Scientific advancements have ushered in staggering amounts of
available data and processes which are now scattered across various
locations in the Web, Grid, and more recently, the Cloud. These processes and
data sets are often semantically loosely-coupled and must be composed together
piecemeal to generate scientific workflows. Understanding how to
design, manage, and execute such data-intensive workflows has become
increasingly esoteric, confined to a few scientific experts in the field.
Despite the development of scientific workflow management systems, which have
simplified workflow planning to some extent, a means to reduce the complexity
of user interaction without forfeiting some robustness has been elusive. This
violates the essence of scientific progress, where information should
be accessible to anyone. A high-level querying interface tantamount to common
search engines that can not only return a relevant set of scientific workflows,
but also facilitate their execution, may be highly beneficial to users.

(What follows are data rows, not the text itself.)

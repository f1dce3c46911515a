-- ===== src/Tfs/Remounting.antt =====
-- fs/tfs_state.cpp: inode numbers from one mount to the next.
use tablefs.Base.{ℕ, ◌+◌, ◌%◌, ◌<◌, ◌≡◌, refl, ap, ◌∙◌, true, some, [], ◌∷◌, arith}
use tablefs.Base.Int.{pos}
use tablefs.Key.{u32}
use tablefs.Platform.{Platform, DiskLaws}
use tablefs.Tfs.{FileSystemState, new_inode}
use tablefs.Tfs.Numbers.{HasDirs}
use tablefs.Tfs.Mounting.{
  RootFile, scan_unsigned, scanned, unsigned_line, threshold_name, load_number, new_state, setup,
  destroy,
}
use tablefs.Util.Properties.{Properties, get_property_int}
use tablefs.Util.Text.{skip_spaces}
use tablefs.Util.Text.Decimal.{print_int_digits}

scan_unsigned-unsigned_line : (n : ℕ) → n < u32 → scan_unsigned (unsigned_line n) ≡ scanned n
unfolding unsigned_line scan_unsigned skip_spaces
scan_unsigned-unsigned_line n small =
    let (d, u, e, digit, got) = print_int_digits (n % u32) (10 ∷ []) refl in
    let same : n % u32 ≡ n = omega (arith, small) in
    ap scan_unsigned e ∙ ground (arith, digit, got, same)

module _ {P : Platform} (laws : DiskLaws P) (prop : Properties) {threshold : ℕ}
    (limit : get_property_int threshold_name (pos 4096) prop ≡ pos threshold) where
  -- A file system whose highest number is below 2 ^ 32, unmounted by Destroy with a root.dat that
  -- can be written, and mounted again by Setup, where LevelDB opens: Setup returns 0 and leaves
  -- root.dat alone, the directories of the numbers are there, and the first new number is the one
  -- behind the highest before.
  pub setup-destroy :
      (root : RootFile) (s : FileSystemState P)
      → root.writable ≡ true
      → s.max_inode_num < u32
      → HasDirs laws s
      → (t : FileSystemState P) × (setup P prop true (destroy P s root) (new_state P s.disk)
          ≡ some (pos 0, destroy P s root, t))
        × HasDirs laws t
        × ((new_inode P t).0 ≡ s.max_inode_num + 1)
  unfolding setup load_number new_state destroy new_inode
  setup-destroy root s writable small dirs = (
    record { max_inode_num = s.max_inode_num; threshold_ = threshold; disk = s.disk },
    ground (arith, limit, writable, scan_unsigned-unsigned_line s.max_inode_num small),
    record { made = dirs.made },
    omega (arith, small),
  )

The development of such a system that can abstract the complex task of
scientific workflow planning and execution from the user is reported herein.
Our system, Auspice: AUtomatic Service Planning In Cloud/Grid
Environments, consists of the following key contributions. Initially, a
two-level metadata management framework is introduced. In the top-level, Auspice
captures semantic dependencies among available, shared processes and data sets
with an ontology. Our system furthermore indexes these shared resources for
facilitating fast planning times. This metadata framework enables an automatic
workflow composition algorithm, which exhaustively enumerates relevant
scientific workflow plans given a few key parameters - a marked departure
from requiring users to design and manage workflow plans.
By applying models on processes, time-critical and accuracy-aware
constraints can be realized in this planning algorithm. During the
planning phase, Auspice projects these costs and prunes workflow
plans in an apriori fashion if they cannot meet the specified
constraints. Conversely, when feasible, Auspice can adapt to certain time
constraints by trading accuracy for time. To simplify user interaction, both
natural language and keyword search interfaces have been developed to invoke
the said workflow planning algorithm. Intermediate data caching
strategies have also been implemented to accelerate workflow execution over
emerging Cloud environments. A focus on cache elasticity is reported, and to
this end, we have developed methods to scale and relax resource provisioning
for cooperating data caches. Finally, costs of supporting such data caches
over various Cloud storage and compute resources have been evaluated.